Stored items:

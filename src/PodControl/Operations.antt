-- ===== src/PodControl/Operations.antt =====
-- Create, delete and update a pod of a NodeSet
-- (upstream/slurm-operator/internal/controller/nodeset/podcontrol/podcontrol.go, with `CreateThisPod`
-- and `DeletePod` of upstream/slurm-operator/internal/utils/podcontrol/podcontrol.go).
pub mod Written
pub mod Counted
use slinky_on_openshift.Prelude.{
  Bool, true, false, not, ◌&&◌, Option, none, some, List, [], ◌∷◌, String, if◌then◌else◌,
}
use slinky_on_openshift.Prelude.Dict.{Dict}
use slinky_on_openshift.Exec.{
  Error, not_found, already_exists, is_namespace_terminating, message, Result, ok, err, panic, M,
}
use slinky_on_openshift.Kube.{OwnerReference, Pod, Claim, NodeSet}
use slinky_on_openshift.Naming.{
  is_identity_match, update_identity, is_storage_match, update_storage,
}
use slinky_on_openshift.PodControl.Owners.{Owner}
use slinky_on_openshift.PodControl.Claims.{
  ClaimClient, create_persistent_volume_claims, pod_pvcs_match_retention_policy,
  update_pod_pvcs_for_retention_policy,
}

-- What an event on a pod is about: `eventCreate`, `eventDelete` and `eventUpdate`.
pub data Verb : Type 0 where
  creating deleting updating : Verb

-- The API server's pods and claims, the events on them, `metav1.NewControllerRef`, the order in
-- which a map of claims is walked through, and `retry.RetryOnConflict(retry.DefaultBackoff, _)` on a
-- function that has a pod and a flag of its own.
pub record PodClient (S : Type 0) : Type 0 where
  pub claims : ClaimClient S
  pub create_pod : Pod → M S (Unit {0})
  pub delete_pod : String → String → M S (Unit {0})
  pub update_pod : Pod → M S (Unit {0})
  pub get_pod : String → String → M S Pod
  pub record_pod_event : Verb → NodeSet → Pod → Result (Unit {0}) → S → S
  pub record_failed_create : NodeSet → Error → S → S
  pub record_created : NodeSet → Pod → S → S
  pub record_failed_delete : NodeSet → Error → S → S
  pub record_deleted : NodeSet → String → S → S
  pub new_controller_ref : Owner → OwnerReference
  pub order : Dict Claim → Dict Claim
  pub retry_on_conflict : M (Pod × Bool × S) (Unit {0}) → M (Pod × Bool × S) (Unit {0})

abbrev pub no_labels : Option (Dict String) → Bool
no_labels none = true
no_labels (some []) = true
no_labels (some (l ∷ ls)) = false

unfoldable pub with_storage : NodeSet → Pod → Pod
unfolding is_storage_match update_storage
with_storage nodeset pod = if is_storage_match nodeset pod then pod else update_storage nodeset pod

unfoldable pub with_identity : NodeSet → Pod → Pod
unfolding is_identity_match update_identity
with_identity nodeset pod =
    if is_identity_match nodeset pod then pod else update_identity nodeset pod

module _ {S : Type 0} (client : PodClient S) where
  unfoldable pub create_this_pod : Pod → NodeSet → M S (Unit {0})
  create_this_pod pod nodeset s =
      if no_labels pod.labels
      then (err (message "unable to create pods, no labels"), s)
      else let (res, s1) = client.create_pod pod s in
        elim res [
          | panic ↦ (panic, s1)
          | ok _ ↦ (ok tt, client.record_created nodeset pod s1)
          | err e ↦ (
            err e,
            (if is_namespace_terminating e then s1 else client.record_failed_create nodeset e s1),
          )
        ]

  unfoldable pub delete_this_pod : String → String → NodeSet → M S (Unit {0})
  delete_this_pod namespace name nodeset s =
      let (res, s1) = client.delete_pod namespace name s in
      elim res [
        | panic ↦ (panic, s1)
        | ok _ ↦ (ok tt, client.record_deleted nodeset name s1)
        | err not_found ↦ (err not_found, s1)
        | err e ↦ (err (message "unable to delete pods"), client.record_failed_delete nodeset e s1)
      ]

  unfoldable pub delete_nodeset_pod : NodeSet → Pod → M S (Unit {0})
  unfolding delete_this_pod
  delete_nodeset_pod nodeset pod s =
      let (res, s1) = delete_this_pod pod.namespace pod.name nodeset s in
      (res, client.record_pod_event deleting nodeset pod res s1)

  -- behind the creation of the pod: the policy of its claims, also if the creation failed
  abbrev pub set_policy : NodeSet → Pod → Result (Unit {0}) → M S (Unit {0})
  set_policy nodeset pod created s =
      let (res, s1) =
        update_pod_pvcs_for_retention_policy client.claims client.new_controller_ref nodeset pod
          s in
      elim res [
        | panic ↦ (panic, s1)
        | err e ↦ (err e, client.record_pod_event updating nodeset pod (err e) s1)
        | ok _ ↦ (created, client.record_pod_event creating nodeset pod created s1)
      ]

  unfoldable pub create_nodeset_pod : NodeSet → Pod → M S (Unit {0})
  unfolding create_this_pod create_persistent_volume_claims update_pod_pvcs_for_retention_policy
  create_nodeset_pod nodeset pod s =
      let (res, s1) = create_persistent_volume_claims client.claims client.order nodeset pod s in
      elim res [
        | panic ↦ (panic, s1)
        | err e ↦ (err e, client.record_pod_event creating nodeset pod (err e) s1)
        | ok _ ↦
            let (created, s2) = create_this_pod pod nodeset s1 in
            elim created [
              | panic ↦ (panic, s2)
              | err already_exists ↦ (err already_exists, s2)
              | err e ↦ set_policy nodeset pod (err e) s2
              | ok _ ↦ set_policy nodeset pod (ok tt) s2
            ]
      ]

  -- `r.Update(ctx, pod)`; behind an error, the next attempt starts from the pod on the server
  unfoldable pub commit : NodeSet → Pod → S → Result (Unit {0}) × (Pod × Bool × S)
  commit nodeset pod s =
      let (updated, s1) = client.update_pod pod s in
      elim updated [
        | panic ↦ (panic, (pod, true, s1))
        | ok _ ↦ (ok tt, (pod, true, s1))
        | err e ↦
            let (res, s2) = client.get_pod nodeset.namespace pod.name s1 in
            elim res [
              | panic ↦ (panic, (pod, true, s2))
              | err _ ↦ (err e, (pod, true, s2))
              | ok fresh ↦ (err e, (fresh, true, s2))
            ]
      ]

  -- from the claims on, for a pod that has its identity and its storage; `write` commits it
  unfoldable pub keep_claims :
      (S → Result (Unit {0}) × (Pod × Bool × S))
      → NodeSet
      → (consistent : Bool) → M (Pod × Bool × S) (Unit {0})
  unfolding pod_pvcs_match_retention_policy update_pod_pvcs_for_retention_policy
  keep_claims write nodeset consistent (pod, attempted, s) =
      let (matched, s1) = pod_pvcs_match_retention_policy client.claims nodeset pod s in
      elim matched [
        | panic ↦ (panic, (pod, attempted, s1))
        | err e ↦ (err e, (pod, attempted, client.record_pod_event updating nodeset pod (err e) s1))
        | ok true ↦ if consistent then (ok tt, (pod, attempted, s1)) else write s1
        | ok false ↦
            let (updated, s2) =
              update_pod_pvcs_for_retention_policy client.claims client.new_controller_ref nodeset
                pod s1 in
            elim updated [
              | panic ↦ (panic, (pod, attempted, s2))
              | err e ↦
                  (err e, (pod, attempted, client.record_pod_event updating nodeset pod (err e) s2))
              | ok _ ↦ write s2
            ]
      ]

  -- the function that is retried; `write` commits the pod that it comes to
  unfoldable pub attempt_with :
      (S → Result (Unit {0}) × (Pod × Bool × S)) → NodeSet → M (Pod × Bool × S) (Unit {0})
  unfolding keep_claims with_storage with_identity create_persistent_volume_claims
  attempt_with write nodeset (given, attempted, s) =
      let identified = with_identity nodeset given in
      let pod = with_storage nodeset identified in
      if is_storage_match nodeset identified
      then keep_claims write nodeset (is_identity_match nodeset given) (pod, attempted, s)
      else let (created, s1) =
          create_persistent_volume_claims client.claims client.order nodeset pod s in
        elim created [
          | panic ↦ (panic, (pod, attempted, s1))
          | err e ↦
              (err e, (pod, attempted, client.record_pod_event updating nodeset pod (err e) s1))
          | ok _ ↦ keep_claims write nodeset false (pod, attempted, s1)
        ]

  unfoldable pub attempt : NodeSet → M (Pod × Bool × S) (Unit {0})
  unfolding commit attempt_with with_storage with_identity
  attempt nodeset (given, attempted, s) =
      attempt_with (commit nodeset (with_storage nodeset (with_identity nodeset given))) nodeset
        (given, attempted, s)

  unfoldable pub update_nodeset_pod : NodeSet → Pod → M S (Unit {0})
  unfolding attempt
  update_nodeset_pod nodeset pod s =
      let (res, last) = client.retry_on_conflict (attempt nodeset) (pod, false, s) in
      let (written, attempted, s1) = last in
      (res, (if attempted then client.record_pod_event updating nodeset written res s1 else s1))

Work order:
Using the data above, transcribe the lines that run from the line with "if no_labels pod.labels" to the line with "(err not_found, s1)", both ends kept, and output nothing else.

Answer for the task:
      if no_labels pod.labels
      then (err (message "unable to create pods, no labels"), s)
      else let (res, s1) = client.create_pod pod s in
        elim res [
          | panic ↦ (panic, s1)
          | ok _ ↦ (ok tt, client.record_created nodeset pod s1)
          | err e ↦ (
            err e,
            (if is_namespace_terminating e then s1 else client.record_failed_create nodeset e s1),
          )
        ]

  unfoldable pub delete_this_pod : String → String → NodeSet → M S (Unit {0})
  delete_this_pod namespace name nodeset s =
      let (res, s1) = client.delete_pod namespace name s in
      elim res [
        | panic ↦ (panic, s1)
        | ok _ ↦ (ok tt, client.record_deleted nodeset name s1)
        | err not_found ↦ (err not_found, s1)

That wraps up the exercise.